■ **WORK TO COMPLETE**
Find the string "Event" in the data, then copy every line where it is found.

Data excerpts:
'''

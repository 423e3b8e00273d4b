-- ===== src/Stack/Interleaved/Atomic.antt =====
-- What the threads of Stack.Interleaved promise: each call of `stack_push` and `stack_pop`
-- (lab3/Stack.c) takes effect at one moment between the call and its return.
use distibuted_sys.Base.{ℕ, Option, none, some, List, [], ◌∷◌}
use distibuted_sys.Base.Threads.{update}
use distibuted_sys.Stack.{success, failure}
use distibuted_sys.Stack.Interleaved.{
  Call, push, pop, Answer, pushed, popped, Event, called, returned,
}

-- Where a thread stands: outside; in a call that has no effect yet; in one that has its answer.
pub data Stage : Type 0 where
  ready : Stage
  invoked : Call → Stage
  responded : Answer → Stage

pub data Deed : Type 0 where
  rests takes_effect runs_out returns : Deed
  calls : Call → Deed

-- What thread `i` does to the values on the stack and to its stage; `runs_out` is a call that finds no
-- memory. `none` where the deed does not fit the stage.
abbrev pub act : ℕ → Deed → List ℕ → Stage → Option (List ℕ × Stage × List Event)
act i rests vs st = some (vs, st, [])
act i (calls c) vs ready = some (vs, invoked c, called i c ∷ [])
act i takes_effect vs (invoked (push v)) = some (v ∷ vs, responded (pushed success), [])
act i takes_effect [] (invoked pop) = some ([], responded (popped none), [])
act i takes_effect (v ∷ vs) (invoked pop) = some (vs, responded (popped (some v)), [])
act i runs_out vs (invoked (push v)) = some (vs, responded (pushed failure), [])
act i returns vs (responded a) = some (vs, ready, returned i a ∷ [])
act _ _ _ _ = none

pub record Atomic : Type 0 where
  pub contents : List ℕ
  pub stage : ℕ → Stage

unfoldable pub atomic_turn : ℕ × Deed → Atomic → Option (Atomic × List Event)
atomic_turn (i, d) a = elim (act i d a.contents (a.stage i)) [
  | none ↦ none
  | some (vs, st, seen) ↦ some (record { contents = vs; stage = update a.stage i st }, seen)
]

abbrev pub atomic_start : Atomic
atomic_start = record { contents = []; stage = λ i. ready }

'''

■ **TASK RESPONSE**
  Call, push, pop, Answer, pushed, popped, Event, called, returned,
abbrev pub act : ℕ → Deed → List ℕ → Stage → Option (List ℕ × Stage × List Event)
unfoldable pub atomic_turn : ℕ × Deed → Atomic → Option (Atomic × List Event)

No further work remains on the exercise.